RTMT-ALERT PEPeerNodeFailure

Rene Mueller · ‎03-15-2013

Hi Folks!

We have three Unified Presence Nodes running with Systemversion 8.6.4.12900-2. Since I enabled RTMT Email Alerts, I get the follogin Alert from time to time from different nodes (not always the same). Strange think is, that if I check service via serviceability interface, it is up and running without a new downtime:

[RTMT-ALERT-StandAloneCluster12487] PEPeerNodeFailure

PEPeerNodeFailureAlarmMessage : Node pe54005002: OUT-OF-SERVICE

AppID : Cisco UP Presence Engine

ClusterID : StandAloneCluster12487

NodeID : cups-01

TimeStamp : Fri Mar 15 09:59:00 CET 2013.

The alarm is generated on Fri Mar 15 09:59:00 CET 2013.

Hope someone can help me in this.

Thanks.

Regards

John Watkins · ‎01-24-2014

I'am also seeing a similar problem on System version: 8.6.5.10000-12. Followed by a "Split-Brain" effect where users from one node cannot see the status or IM contacts registered to the other node. Any thoughts?

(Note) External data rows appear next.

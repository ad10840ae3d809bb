-- ===== src/Tests/InputExamples.antt =====
-- Examples for src/TfBuilder/TfBuilderInput.cxx and src/common/SubTimeFrameDataModel.cxx: time frames of
-- two SubTimeFrames.
use data_distribution.Prelude.{
  ℕ, ◌+◌, ◌%◌, true, false, [], ◌∷◌, ◌++◌, Option, none, some, ◌≡◌, refl, find, u64_mod, arith,
}
use data_distribution.Common.SubTimeFrame.{
  EquipmentIdentifier, equipment_eq, DataHeader, StfMessage, SubTimeFrame, Origin, merge_stf,
  get_data_size, messages_of, total,
}
use data_distribution.Common.SubTimeFrame.Merging.{merge_stf_adopts}
use data_distribution.TfBuilder.Rpc.{get_number_of_stfs}
use data_distribution.TfBuilder.Input.{ReceivedStf, Input, complete_first, merge_next}
use data_distribution.TfBuilder.Input.Building.{pace_all, tf_built}
use data_distribution.TfBuilder.Input.Safety.{broken_message, announced_nothing}
use data_distribution.Tests.RpcExamples.{ready}

abbrev tpc : EquipmentIdentifier
tpc = record { data_description = "RAWDATA"; data_origin = "TPC"; sub_specification = 1 }

abbrev pub its : EquipmentIdentifier
its = record { data_description = "RAWDATA"; data_origin = "ITS"; sub_specification = 1 }

abbrev plain : EquipmentIdentifier → DataHeader
plain e = record {
  tf_counter = 0;
  run_number = 0;
  equipment = e;
  first_tf_orbit = 0;
  split_payload_index = 0;
  split_payload_parts = 0;
}

abbrev message_of : EquipmentIdentifier → ℕ → StfMessage
message_of e size = record { header = plain e; data_parts = size ∷ [] }

abbrev first_half : SubTimeFrame
first_half = record {
  header = record { id = 7; first_orbit = 0; run_number = 1; origin = Origin.readout };
  content = (tpc, message_of tpc 100 ∷ []) ∷ [];
  data_size = 0;
  data_updated = false;
}

abbrev pub second_half : SubTimeFrame
second_half = record first_half {
  content = (its, message_of its 20 ∷ []) ∷ (tpc, message_of tpc 3 ∷ []) ∷ [];
}

merge_stf_adopts_example :
    ((e : EquipmentIdentifier)
      → messages_of (find e (merge_stf first_half second_half).content)
        ≡ messages_of (find e first_half.content) ++ messages_of (find e second_half.content))
    × ((get_data_size (merge_stf first_half second_half)).0
        ≡ (total first_half.content + total second_half.content) % u64_mod)
unfolding find
merge_stf_adopts_example = merge_stf_adopts first_half second_half refl refl (refl, (refl, tt))

-- The message is the SubTimeFrame itself, if it has content.
abbrev as_it_is : SubTimeFrame → Option SubTimeFrame
as_it_is f = elim f.content [ [] ↦ none | p ∷ c ↦ some f ]

abbrev from_first : ReceivedStf SubTimeFrame
from_first = record {
  stf_id = 7;
  origin = Origin.readout;
  stf_sender_id = "s1";
  received = some first_half;
  stf = none;
}

abbrev from_second : ReceivedStf SubTimeFrame
from_second = record from_first { stf_sender_id = "s2"; received = some second_half }

abbrev broken : ReceivedStf SubTimeFrame
broken = record from_first {
  stf_sender_id = "s2";
  received = some (record first_half { content = [] });
}

abbrev waiting : Input SubTimeFrame
waiting = record {
  running = true;
  stf_merge_map = (7, []) ∷ (9, from_first ∷ []) ∷ [];
  stf_merger_run = false;
  max_merged_tf_id = 6;
  stfs_for_merging = record { container = []; running = true };
  rpc = record ready { stfs_count_map = (7, 2) ∷ [] };
  forwarded = [];
}

tf_built_example :
    (paced : Input SubTimeFrame) × (completed : Input SubTimeFrame) × (merged : Input SubTimeFrame)
    × (pace_all as_it_is (from_first ∷ from_second ∷ []) waiting ≡ some paced)
    × (complete_first as_it_is paced ≡ some completed)
    × (merge_next completed ≡ some merged)
    × (merged.forwarded ≡ (get_data_size (merge_stf first_half second_half)).1 ∷ [])
    × (merged.stf_merge_map ≡ (9, from_first ∷ []) ∷ [])
    × (merged.stfs_for_merging ≡ waiting.stfs_for_merging)
unfolding get_number_of_stfs find
tf_built_example =
    tf_built as_it_is waiting 7 ((9, from_first ∷ []) ∷ []) from_first (from_second ∷ []) first_half
      (second_half ∷ []) refl (omega arith) refl refl ((refl, refl), ((refl, refl), tt))
      (refl, (refl, tt))

abbrev half_broken : Input SubTimeFrame
half_broken = record waiting { stf_merge_map = (7, from_first ∷ broken ∷ []) ∷ [] }

broken_message_example :
    (i' : Input SubTimeFrame) × (complete_first as_it_is half_broken ≡ some i')
    × (merge_next i' ≡ none)
unfolding get_number_of_stfs find
broken_message_example =
    broken_message as_it_is half_broken 7 [] from_first broken [] [] first_half [] [] refl refl refl
      refl tt (record first_half { content = [] }, refl, refl, refl) tt

abbrev given_up : Input SubTimeFrame
given_up = record waiting { rpc = record ready { stfs_count_map = (7, 0) ∷ [] } }

announced_nothing_example :
    (i' : Input SubTimeFrame) × (complete_first as_it_is given_up ≡ some i')
    × (i'.stfs_for_merging.container ≡ [] ∷ [])
    × (merge_next i' ≡ none)
unfolding get_number_of_stfs find
announced_nothing_example =
    announced_nothing as_it_is given_up 7 ((9, from_first ∷ []) ∷ []) refl refl refl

PEPeerNodeFailureAlarmMessage : Node pe456272906: OUT-OF-SERVICE

AppID : Cisco UP Presence Engine ClusterID : StandAloneCluster8a2db

NodeID : sdep-cup02

TimeStamp : Thu Jan 23 22:00:54 CST 2014.

The alarm is generated on Thu Jan 23 22:00:54 CST 2014.

Manish Gogna · ‎01-24-2014

Please check the following bug

https://tools.cisco.com/bugsearch/bug/CSCuf74738/?reffering_site=dumpcr

PEPeerNodeFailureAlarmMessage alerts seen regularly in RTMT

CSCuf74738

Description

Symptom:
PEPeerNodeFailureAlarmMessage alerts seen regularly in RTMT
Conditions:
No particular conditions are met, it tends to happen over night.
Workaround:
None

HTH

Manish

Rene Mueller · ‎01-25-2014

Hi,

since I set the Trace Levels on Presence Server all back to default settings (some of them had a debug level setup), the error didn't come up again. We had the same error of inconsistance availability status.

John Watkins · ‎01-28-2014

Thanks Rene,

We also experienced a network fail-over that seemed to kick off all our problems. After the CUP servers replicated and started migrating users, the nodes would reach high Virtual Memory and CPU and the processes would either crash or the servers would hang.

during after hours we were able to at least stabalize the servers so they weren't crashing (still had high VirtualMemory and SWAP) with some speradic CPU util, and that's when we noticed the "split Brain" effect.

Based on your suggestion Rene, we looked at the trace settings and noticed all were set to debug. We turned them all off and restarted the CUP XCP Config manager, and then CUP XCP Router on the Sub node. the Sub node came back up and we were able to see status and IM to user one the PUB. After a few days of a working scenario we restart the CUP XCP Config and CUP XCP Router on the PUB, which restored virtualmemory and SWAP back to a normal operating conditions.